LONDRES — Durante más de una década, Flavius Tudor ha compartido con su madre, que vive en Rumania, el dinero que ha ganado en el Reino Unido y le ha enviado de manera periódica la suma que le permitía comprar sus medicamentos.
El mes pasado, el flujo se revirtió. Su madre de 82 años le envió dinero para que pudiera pagar sus cuentas.
Cuando le subió la fiebre y le dio una tos persistente en medio de la pandemia de coronavirus, Tudor, de 52 años, ya no pudo ingresar al asilo de ancianos donde trabajaba como cuidador. Así que su madre usó su pensión, obtenida gracias a toda una vida como bibliotecaria en uno de los países más pobres de Europa, y le envió dinero a su hijo que radica en uno de los países más ricos del mundo.
“Son épocas muy difíciles”, comentó. “Estoy perdido”.
En todo el mundo, la pandemia ha puesto en riesgo una arteria vital de financiamiento que sustenta a cientos de millones de familias: las remesas que los trabajadores migrantes que laboran en países ricos envían a sus países de origen. Como el coronavirus paralizó las economías y ha originado desempleo, las personas que estaban acostumbradas a cuidar a sus familiares que permanecen en sus países han perdido sus ingresos, lo que las ha obligado a depender de quienes han dependido de ellos.
Según el Banco Mundial, el año pasado, los trabajadores migrantes enviaron a sus países una suma histórica de 554.000 millones de dólares, más del triple que la cantidad de ayuda para el desarrollo otorgada por los países ricos. Pero es probable que esas remesas se reduzcan a una quinta parte este año, lo que representa la contracción más importante de la historia.
La caída augura una catástrofe y aumenta la posibilidad de que la pandemia genere el primer incremento de la pobreza a nivel global desde la crisis financiera de Asia en 1998. Se cree que, aproximadamente, de 40 a 60 millones de personas caigan en pobreza extrema este año, lo que el Banco Mundial define como vivir con 1,90 dólares o menos al día.
La disminución de las remesas es tanto un resultado de la crisis que abruma al mundo como un presagio de otros problemas que se avecinan. Con base en el poder adquisitivo, los países en desarrollo representan el 60 por ciento de la economía mundial, según el Fondo Monetario Internacional. Un menor gasto en los países más pobres se traduce en menos crecimiento económico para el mundo.

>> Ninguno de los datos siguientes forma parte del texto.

-- ===== src/Lib.antt =====
-- Kaasb, a marketplace for freelancers: the backend's money, orders, accounts and messages.
--
-- The program is a FastAPI service over PostgreSQL. An endpoint opens one session for a request
-- (backend/app/core/database.py), calls a service of backend/app/services, and the session commits
-- at the end or rolls back on an exception. Here a service method is an `Action`: it takes the
-- tables and answers with a value and the new tables, or with an error that drops all its writes.
--
-- Common: list, option and Boolean helpers, and the update of the rows that have an id.
-- Db (backend/app/models, core/exceptions.py, core/database.py): Db/Status has the
--   enumerations, Db/Rows the rows, Db/Session the tables, the exceptions, the queries
--   (`find_one` is `scalar_one_or_none`), the inserts with their constraints and the writes;
--   Db/Inversion says what a returned action did.
-- Payment (services/payment_service.py): Payment/Settings holds the settings and the gateways,
--   Fees `_calculate_fees`, Fund `setup_payment_account` and `fund_escrow`, Confirm
--   `confirm_qi_card_payment` and `handle_qi_card_payment_failed`, Release the three releases,
--   Refund the two refunds, Payout `request_payout`, `mark_payout_paid` and
--   `get_payment_summary`, Calls the requests as one type and a history of them. A long method is
--   cut at its queries: each part that starts after one is a definition of its own. Callbacks,
--   Opening, Releasing and Solvency hold proofs, Ledger the ledger's invariant; Kept, Keeping and
--   Histories are what a history does to the single rows, Unpaid what follows for the escrows of
--   milestones and for payouts; Samples and Tests are concrete runs.
--   A sum that SQL answers is zero or a `Decimal`: where the source makes a zero a float, or adds
--   floats to stored amounts, the operators raise `TypeError` as they do there (`mixes`,
--   `is_mixed_total`). Sums are otherwise exact.
--
-- Approval (services/payout_approval_service.py): Approval/Review has `request_release`, `approve`
--   and `reject`, Calls a history of them; Totals and Threshold hold the proofs on the total of the
--   last 24 hours, Decisions and FourEyes those on who decides, and how often.
--
-- Orders (services/catalog_service.py, services/dispute_service.py, tasks/marketplace_tasks.py):
--   Orders/Place has `place_order`, Work the steps from requirements to completion, Disputes those
--   of a dispute, Threads the platform's message about one (without the admin's note), Tasks the
--   two timed tasks, Calls what can happen to a placed order and its history. Machine states the
--   status machine; Progress, Disputing, Resolving and Paying show that the operations follow it,
--   Runs that histories do; Frozen, Completing and Late hold the proofs on the money of an order.
--
-- Contracts (services/contract_service.py): Contracts/Milestones has the operations on milestones,
--   Review `review_milestone`, which pays them; Money and Edits hold the proofs.
-- Auth (services/auth_service.py, core/security.py): Auth/Tokens has the tokens and their issue,
--   Login the login by password, Social that by Google or Facebook, Sessions the exchange and the
--   ends of refresh tokens, Recovery the mail links and the codes by phone, Calls a history of them.
--   Lockout, Ending, Grace and Names hold the proofs.
-- Messages (services/message_service.py, message_filter_service.py): Messages/Filter has what the
--   filter finds and what follows, Sending `send_message` and the conversation's cache, Starting who
--   may write to whom and `contact_support`, Threads the reading and the support tickets, Calls a
--   history of them. Violations, Gates, Announcing, Openings and Escalation hold the proofs on the
--   counts of violations, Counting, Reading, Counters, Posting, Beginning and Unread those on the
--   counters of messages, Bypass those on the two ways to a thread.
-- Jobs (services/job_service.py, proposal_service.py, contract_service.py): Jobs/Postings posts and
--   closes a job, Proposals is what a freelancer does with a proposal, Responding the client's answer
--   with `create_contract_from_proposal`, Calls a history of them. Single, Acceptance, Accepting,
--   Requests and Runs hold the proofs on accepted proposals, Contracting those on the contract, Bids
--   those on the limit of a bid.
-- Utils (services/base.py, utils/phone.py): Utils/Paging has the pages of a list, Phone the form of
--   the phone numbers.
-- Breaker (utils/circuit_breaker.py): Breaker/Circuit has the circuit breaker and the steps of its
--   callers, Bounds and Opening the proofs.
--
-- Amounts of IQD are in ten-thousandths, as the columns `Numeric(12, 4)` hold them, and are
-- unbounded; a percentage is in hundredths of a percent. Ids and times are numbers; a fresh
-- `uuid4` is the next unused one. A history is a sequence of whole requests: the row locks
-- (`FOR UPDATE`) and the advisory lock of a payout make the requests on one row follow each other.
-- The one loop without a bound, the search for a free username, has fuel for one try more than
-- there are users. A history of orders starts after their placement, and leaves the automatic
-- completion out; one of jobs leaves out the admin's change of a job's status, which may reopen a
-- job, and its deletion.
--
-- Parameters: the settings, the HMAC of an order id, and the gateways' clients (`Gateway`), whose
-- calls fail or answer; password hashing, JWTs and their keys (`Security`), what Google and Facebook
-- say (`SocialAnswer`), lower case and the classes of letters (`Alphabet`), and the regular
-- expressions and URL parser of the filter (`Patterns`). Not modelled: the registration, whose
-- fields are sanitised first, searches and lists but for their pages, the rate limits, the delivery
-- of notifications over mail and WebSocket, logging and metrics, texts shown to users, currencies
-- (always IQD), the routing of HTTP requests and their validation but for the bounds of payouts,
-- bids and edited milestones, and the frontend.
pub mod Common
pub mod Db
pub mod Payment
pub mod Approval
pub mod Orders
pub mod Breaker
pub mod Contracts
pub mod Auth
pub mod Messages
pub mod Jobs
pub mod Utils
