-- ===== src/Approval.antt =====
-- backend/app/services/payout_approval_service.py: releases that need a second admin.
mod Review
mod Totals
mod Threshold
mod Decisions
mod Calls
mod FourEyes
mod Tests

Al igual que la pandemia que la ha provocado, la disminución de las remesas es global. Se espera que Europa y Asia Central sufran una caída de casi el 28 por ciento en las retribuciones que se envían desde otros países, mientras que en la África subsahariana se contempla una caída del 23 por ciento. Parece que Asia del sur se prepara para un descenso del 22 por ciento, mientras que Medio Oriente, el norte de África, Latinoamérica y el Caribe podrían asumir una reducción de más del 19 por ciento.
En general, de acuerdo con un cálculo de la Red de Naciones Unidas sobre la Migración, la pandemia ha deteriorado el potencial de ingreso de 164 millones de trabajadores migrantes que apoyan al menos a 800 millones de sus familiares que viven en países menos ricos.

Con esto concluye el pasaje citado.